Stored items:
-- ===== src/Streaming.antt =====
-- `stream_eye_rois` of camera-service/src/main.rs: sets of two eyes, with a context thumbnail now and then
-- and telemetry between them. The transport is left out: a set is the list of its packets. What the
-- other threads have written, and the clocks, are read once a set and given.
pub mod Cadence
pub mod Sets
pub mod Packets
pub mod Rounds
mod Tests
use podbay_camera_firmware.Prelude.{
  ℕ, ◌+◌, ◌%◌, ◌==◌, Option, none, some, List, if◌then◌else◌, as_u32, as_u64,
}
use podbay_camera_firmware.Config.Requests.{ContextStream}
use podbay_camera_firmware.Telemetry.Window.{CameraTelemetry}
use podbay_camera_firmware.Control.{LiveEyeRoi}

-- The variables of the loop, with the telemetry that it shares.
pub record Stream : Type 0 where
  pub sent : ℕ  -- u32
  pub sequence : ℕ  -- u64
  pub active : LiveEyeRoi
  pub last_frame_ready : Option ℕ
  pub completed_sets : List ℕ  -- instants, the oldest first
  pub stream_telemetry : CameraTelemetry

-- What a round reads of the other threads and of the clocks, in nanoseconds.
pub record Round : Type 0 where
  pub requested : Option LiveEyeRoi
  pub timing_word : ℕ
  pub frame_ready : ℕ
  pub roi_slice : ℕ
  pub context_build : ℕ
  pub context_write : ℕ
  pub left_write : ℕ
  pub right_write : ℕ
  pub completed : ℕ
  pub telemetry_now : ℕ
  pub telemetry_write : ℕ

-- A header and its payload.
abbrev pub Packet : Type 0
Packet = List ℕ × List ℕ

-- `context.filter(|context| sent % context.every == 0)`
unfoldable pub active_context : Option ContextStream → ℕ → Option ContextStream
active_context none sent = none
active_context (some context) sent = if sent % context.every == 0 then some context else none

-- TELEMETRY_EVERY_RAW_SETS
abbrev pub telemetry_every_raw_sets : ℕ
telemetry_every_raw_sets = 2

■ AIM OF THE TASK ■
Wherever the word "LiveEyeRoi" turns up in the records, copy out the line it is on.

■ THE COMPLETED TASK ■
use podbay_camera_firmware.Control.{LiveEyeRoi}
  pub active : LiveEyeRoi
  pub requested : Option LiveEyeRoi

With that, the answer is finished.